## WHAT YOU ARE ASKED TO DO
Scan the lines below for "written"; report the number of lines that contain it, and only that.

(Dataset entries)
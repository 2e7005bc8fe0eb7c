-- ===== src/Elf/Loading.antt =====
-- What a loader gets from the file that `Elf_Writer` of src/elfwriter.cpp makes: the sections.
use bigassm.Prelude.{
  ℕ, ◌+◌, ◌*◌, ◌%◌, ◌^◌, ◌≤◌, ◌≡◌, refl, ap, sym, ◌∙◌, List, ◌++◌, Bytes, length, length-append,
  drop, Map, arith,
}
use bigassm.Types.{ok}
use bigassm.Section.{Section}
use bigassm.Assembler.{Assembler, SymbolLocation, address_of}
use bigassm.Elf.Format.{
  ElfClass, Ehdr, Shdr, width, ehdr_members, ehdr_bytes, sizeof_shdr, sizeof_phdr,
}
use bigassm.Elf.Fields.{drop-append, append_assoc, values, length-ehdr_bytes}
use bigassm.Elf.Reader.{nth, read_header, read_segments, segments, segments_in}
use bigassm.Elf.Symbols.{Resolved}
use bigassm.Elf.Parts.{outputs, programs_at}
use bigassm.Elf.Layout.{
  elf_size, length-tables, length-outputs, output_size, head_size, tables, section_headers, whole,
  elf_writer-writes,
}
use bigassm.Elf.Writer.{sizeof_elf_data, file_header, elf_file, elf_writer, shdr_array, phdr_array}
use bigassm.Elf.Segments.{
  small_wide, segments_of, read_segments-programs, length-shdr_array, length-programs,
  read_header-whole, sizeof_elf_data-small, phentsize-small, phnum-small,
}

-- A file with four section headers, some tables and the outputs.
module _ (c : ElfClass) (sections : Map Section) (entry : ℕ) (hs : List Shdr) (tables : Bytes)
    (off : ℕ) (four : length hs ≡ 4)
    (behind : off ≡ sizeof_elf_data c + sizeof_phdr c * length sections + length tables)
    (fits : off + output_size sections ≤ 262144) where
  abbrev hdr : Ehdr
  hdr = file_header c entry (length sections)

  abbrev pub front : Bytes
  front = ehdr_bytes c hdr ++ shdr_array c hs

  abbrev pub programs : Bytes
  programs = phdr_array c (programs_at off sections)

  abbrev pub file : Bytes
  file = elf_file c hdr hs (programs_at off sections) (tables ++ outputs sections)

  pub length-front : length front ≡ sizeof_elf_data c
  unfolding sizeof_elf_data file_header
  length-front = omega (
    arith,
    length-append (ehdr_bytes c hdr) (shdr_array c hs),
    length-ehdr_bytes c hdr refl,
    length-shdr_array c hs,
    ap (λ (n : ℕ). n * sizeof_shdr c) four,
  )

  pub file-front : file ≡ front ++ (programs ++ (tables ++ outputs sections))
  unfolding elf_file
  file-front =
      sym (
        append_assoc (ehdr_bytes c hdr) (shdr_array c hs)
          (programs ++ (tables ++ outputs sections)))

  file-outputs : file ≡ ((front ++ programs) ++ tables) ++ outputs sections
  file-outputs =
      file-front
      ∙ sym (append_assoc front programs (tables ++ outputs sections))
      ∙ sym (append_assoc (front ++ programs) tables (outputs sections))

  -- The headers, and the tables and outputs behind them.
  pub file-headers :
      (before : Bytes) × (length before ≡ sizeof_elf_data c + sizeof_phdr c * length sections)
      × (file ≡ before ++ (tables ++ outputs sections))
  file-headers = (
    front ++ programs,
    omega (arith, length-append front programs, length-front, length-programs c off sections),
    file-front ∙ sym (append_assoc front programs (tables ++ outputs sections)),
  )

  length-before : length ((front ++ programs) ++ tables) ≡ off
  length-before = omega (
    arith,
    length-append (front ++ programs) tables,
    length-append front programs,
    length-front,
    length-programs c off sections,
  )

  length-file : length file ≡ off + output_size sections
  length-file =
      ap length file-outputs
      ∙ omega (
        arith,
        length-append ((front ++ programs) ++ tables) (outputs sections),
        length-before,
        length-outputs sections,
      )

  pub read_header-file : read_header c file ≡ values (ehdr_members c hdr)
  unfolding elf_file
  read_header-file =
      read_header-whole c entry (length sections)
        (shdr_array c hs ++ (programs ++ (tables ++ outputs sections)))

  entry-file : nth 4 (read_header c file) ≡ entry % 256 ^ width c
  unfolding file_header
  entry-file = ap (nth 4) read_header-file

  segments-file : segments c file ≡ segments_of c sections
  unfolding segments segments_in file_header
  segments-file =
      ap (segments_in c file) read_header-file
      ∙ rw
          (
            phentsize-small c,
            phnum-small c (length sections) (omega arith),
            small_wide c (sizeof_elf_data c) (omega (arith, sizeof_elf_data-small c)),
          )
          (ap (read_segments c file (sizeof_phdr c) (length sections)) (
              ap (drop (sizeof_elf_data c)) file-front
              ∙ drop-append (sizeof_elf_data c) front (programs ++ (tables ++ outputs sections))
                  length-front)
            ∙ read_segments-programs c sections off ((front ++ programs) ++ tables) file
                (tables ++ outputs sections) length-before file-outputs fits)

-- Where the entry and the symbols have addresses and the whole fits into the 262144 bytes that are
-- reserved, the ELF writer succeeds, for 64 and for 128 bits; the file has the size of its parts
-- and the entry's address, and a loader gets from it every section in its order, with its address
-- modulo 2 to the bits of the class, its size in memory and, where it is loadable, its output. It
-- is executable if it has code, readable if it has data or reserved space, unless it is
-- execute-only code, and writable if it is readable and not read-only.
pub elf_writer-loads :
    (c : ElfClass) (order : Map SymbolLocation → Map SymbolLocation) (a : Assembler) (entry : ℕ)
    (addrs : List ℕ)
    → address_of a.options.entry a ≡ ok (entry, a)
    → Resolved a (order a.lookup) addrs
    → elf_size c (order a.lookup) a.sections ≤ 262144
    → (file : Bytes) × (elf_writer c order a ≡ ok file)
      × (length file ≡ elf_size c (order a.lookup) a.sections)
      × (nth 4 (read_header c file) ≡ entry % 256 ^ width c)
      × (segments c file ≡ segments_of c a.sections)
elf_writer-loads c order a entry addrs found known fits =
    let symbols = order a.lookup in
    let (syms, es, written) = elf_writer-writes c order a entry addrs found known fits in
    let parts = tables c symbols a.sections syms in
    let off = head_size c symbols a.sections + length parts in
    let hs = section_headers c symbols a.sections in
    let size = length-tables c symbols a.sections a addrs syms es in
    (
      whole c symbols a.sections entry syms,
      written,
      length-file c a.sections entry hs parts off refl refl (omega arith) ∙ omega arith,
      entry-file c a.sections entry hs parts off refl refl (omega arith),
      segments-file c a.sections entry hs parts off refl refl (omega arith),
    )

## OUTPUT BELOW
2